■ **Directions for this task**
Take each line in the entries below that holds "updateFailed" and show it.

■ ■ ■ ■

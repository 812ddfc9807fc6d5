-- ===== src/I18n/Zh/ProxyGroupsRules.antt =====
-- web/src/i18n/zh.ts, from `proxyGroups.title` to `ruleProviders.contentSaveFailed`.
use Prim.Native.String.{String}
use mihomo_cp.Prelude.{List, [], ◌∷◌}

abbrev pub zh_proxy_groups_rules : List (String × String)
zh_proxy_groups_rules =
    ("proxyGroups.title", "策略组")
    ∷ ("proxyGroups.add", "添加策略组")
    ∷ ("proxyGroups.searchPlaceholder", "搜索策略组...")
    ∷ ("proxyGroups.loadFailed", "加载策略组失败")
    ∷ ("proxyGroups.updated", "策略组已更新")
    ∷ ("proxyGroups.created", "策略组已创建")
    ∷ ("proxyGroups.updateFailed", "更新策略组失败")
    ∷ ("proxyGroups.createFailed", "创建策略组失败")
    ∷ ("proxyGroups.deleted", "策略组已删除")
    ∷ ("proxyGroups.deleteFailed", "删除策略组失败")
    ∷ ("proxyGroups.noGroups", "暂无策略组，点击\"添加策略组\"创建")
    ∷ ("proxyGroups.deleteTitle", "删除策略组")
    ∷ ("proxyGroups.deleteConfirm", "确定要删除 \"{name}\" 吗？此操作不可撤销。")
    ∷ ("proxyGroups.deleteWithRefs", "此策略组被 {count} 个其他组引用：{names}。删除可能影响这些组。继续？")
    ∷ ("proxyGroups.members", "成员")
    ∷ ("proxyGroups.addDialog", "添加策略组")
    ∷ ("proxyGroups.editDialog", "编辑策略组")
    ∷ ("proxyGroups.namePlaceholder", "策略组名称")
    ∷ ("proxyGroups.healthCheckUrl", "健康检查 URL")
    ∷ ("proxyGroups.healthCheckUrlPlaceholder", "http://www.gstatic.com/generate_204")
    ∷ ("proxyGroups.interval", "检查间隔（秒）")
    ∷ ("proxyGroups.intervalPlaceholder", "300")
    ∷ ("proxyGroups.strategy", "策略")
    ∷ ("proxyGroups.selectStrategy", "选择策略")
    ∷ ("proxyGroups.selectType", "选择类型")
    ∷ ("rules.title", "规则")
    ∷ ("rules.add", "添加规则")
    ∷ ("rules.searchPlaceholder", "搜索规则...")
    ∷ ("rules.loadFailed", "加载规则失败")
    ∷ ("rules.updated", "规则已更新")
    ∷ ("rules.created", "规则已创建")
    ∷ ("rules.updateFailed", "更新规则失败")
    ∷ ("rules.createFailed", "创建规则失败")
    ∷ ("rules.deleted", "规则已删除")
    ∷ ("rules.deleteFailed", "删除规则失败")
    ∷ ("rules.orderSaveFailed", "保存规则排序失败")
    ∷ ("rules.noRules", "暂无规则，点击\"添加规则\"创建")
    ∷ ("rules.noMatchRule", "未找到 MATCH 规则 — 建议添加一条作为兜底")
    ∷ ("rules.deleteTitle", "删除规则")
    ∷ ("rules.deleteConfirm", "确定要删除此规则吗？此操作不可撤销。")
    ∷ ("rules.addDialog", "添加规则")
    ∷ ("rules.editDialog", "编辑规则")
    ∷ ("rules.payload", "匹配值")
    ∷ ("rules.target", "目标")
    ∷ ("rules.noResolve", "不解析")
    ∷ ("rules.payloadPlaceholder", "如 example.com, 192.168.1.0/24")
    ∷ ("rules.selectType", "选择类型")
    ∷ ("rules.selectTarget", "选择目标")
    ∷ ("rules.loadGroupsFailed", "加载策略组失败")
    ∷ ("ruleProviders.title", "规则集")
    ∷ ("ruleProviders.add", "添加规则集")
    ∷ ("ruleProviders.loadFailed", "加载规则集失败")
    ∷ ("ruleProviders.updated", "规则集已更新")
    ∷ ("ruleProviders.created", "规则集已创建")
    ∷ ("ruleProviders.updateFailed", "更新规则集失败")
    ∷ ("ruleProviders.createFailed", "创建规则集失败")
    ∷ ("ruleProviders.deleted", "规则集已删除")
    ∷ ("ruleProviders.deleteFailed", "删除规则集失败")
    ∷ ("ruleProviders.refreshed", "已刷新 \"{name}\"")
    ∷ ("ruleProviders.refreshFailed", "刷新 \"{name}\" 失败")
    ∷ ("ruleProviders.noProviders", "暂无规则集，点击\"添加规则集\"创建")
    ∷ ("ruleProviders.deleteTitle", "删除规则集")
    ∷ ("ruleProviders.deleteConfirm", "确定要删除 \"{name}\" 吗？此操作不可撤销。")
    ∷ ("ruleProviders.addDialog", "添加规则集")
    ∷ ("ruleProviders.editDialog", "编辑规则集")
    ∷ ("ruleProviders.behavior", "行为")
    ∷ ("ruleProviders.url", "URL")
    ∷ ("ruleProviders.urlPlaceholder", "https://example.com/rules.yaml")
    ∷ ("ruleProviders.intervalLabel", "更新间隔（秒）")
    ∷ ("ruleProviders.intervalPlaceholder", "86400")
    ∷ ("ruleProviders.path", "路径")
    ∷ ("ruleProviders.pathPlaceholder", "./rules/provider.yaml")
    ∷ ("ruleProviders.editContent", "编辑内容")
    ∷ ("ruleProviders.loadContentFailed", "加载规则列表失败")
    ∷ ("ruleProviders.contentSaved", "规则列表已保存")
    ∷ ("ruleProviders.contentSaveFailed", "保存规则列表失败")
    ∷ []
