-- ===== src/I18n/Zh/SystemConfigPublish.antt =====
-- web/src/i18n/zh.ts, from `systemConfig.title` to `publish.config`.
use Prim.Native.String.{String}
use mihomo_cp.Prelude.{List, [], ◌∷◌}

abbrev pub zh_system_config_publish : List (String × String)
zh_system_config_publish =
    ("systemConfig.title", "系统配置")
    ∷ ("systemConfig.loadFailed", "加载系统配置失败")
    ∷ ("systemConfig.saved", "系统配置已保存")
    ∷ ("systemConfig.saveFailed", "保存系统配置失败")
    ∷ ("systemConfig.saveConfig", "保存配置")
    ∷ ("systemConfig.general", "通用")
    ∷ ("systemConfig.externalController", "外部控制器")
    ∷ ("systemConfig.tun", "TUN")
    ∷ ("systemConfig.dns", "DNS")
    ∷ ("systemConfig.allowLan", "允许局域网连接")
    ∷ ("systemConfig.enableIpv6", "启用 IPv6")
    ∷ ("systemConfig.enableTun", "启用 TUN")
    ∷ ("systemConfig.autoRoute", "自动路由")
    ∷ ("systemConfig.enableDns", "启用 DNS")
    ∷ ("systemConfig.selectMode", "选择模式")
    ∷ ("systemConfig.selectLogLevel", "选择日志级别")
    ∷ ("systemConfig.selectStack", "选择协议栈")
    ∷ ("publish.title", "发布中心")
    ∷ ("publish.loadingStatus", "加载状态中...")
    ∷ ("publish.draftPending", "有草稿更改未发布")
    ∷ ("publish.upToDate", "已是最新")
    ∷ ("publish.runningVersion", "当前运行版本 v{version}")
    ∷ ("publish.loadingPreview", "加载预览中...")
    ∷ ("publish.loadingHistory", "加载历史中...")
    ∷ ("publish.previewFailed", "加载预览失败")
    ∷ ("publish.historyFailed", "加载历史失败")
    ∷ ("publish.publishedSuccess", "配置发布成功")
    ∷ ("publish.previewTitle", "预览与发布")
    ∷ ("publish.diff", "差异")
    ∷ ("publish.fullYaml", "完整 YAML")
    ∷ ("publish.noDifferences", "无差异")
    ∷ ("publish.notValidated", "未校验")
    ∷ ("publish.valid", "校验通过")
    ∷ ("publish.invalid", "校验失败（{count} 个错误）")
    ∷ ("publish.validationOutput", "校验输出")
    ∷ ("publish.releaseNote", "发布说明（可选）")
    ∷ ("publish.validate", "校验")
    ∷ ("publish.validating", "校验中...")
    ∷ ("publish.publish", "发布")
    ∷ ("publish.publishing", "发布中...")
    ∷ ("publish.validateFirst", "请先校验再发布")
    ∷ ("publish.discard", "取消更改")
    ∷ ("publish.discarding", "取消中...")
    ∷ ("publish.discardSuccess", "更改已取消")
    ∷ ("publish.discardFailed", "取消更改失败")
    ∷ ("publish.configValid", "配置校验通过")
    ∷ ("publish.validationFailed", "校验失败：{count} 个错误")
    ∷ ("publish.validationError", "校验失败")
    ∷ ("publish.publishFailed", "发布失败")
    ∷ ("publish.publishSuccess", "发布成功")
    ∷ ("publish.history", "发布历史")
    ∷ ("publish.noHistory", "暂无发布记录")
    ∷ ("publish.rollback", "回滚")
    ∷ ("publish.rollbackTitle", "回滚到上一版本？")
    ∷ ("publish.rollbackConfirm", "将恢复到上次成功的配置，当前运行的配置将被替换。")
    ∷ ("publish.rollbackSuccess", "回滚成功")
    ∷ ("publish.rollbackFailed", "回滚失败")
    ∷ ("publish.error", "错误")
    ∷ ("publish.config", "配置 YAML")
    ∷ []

■ ■ ■ ■

■ **Written response**
    ∷ ("proxyGroups.updateFailed", "更新策略组失败")
    ∷ ("rules.updateFailed", "更新规则失败")
    ∷ ("ruleProviders.updateFailed", "更新规则集失败")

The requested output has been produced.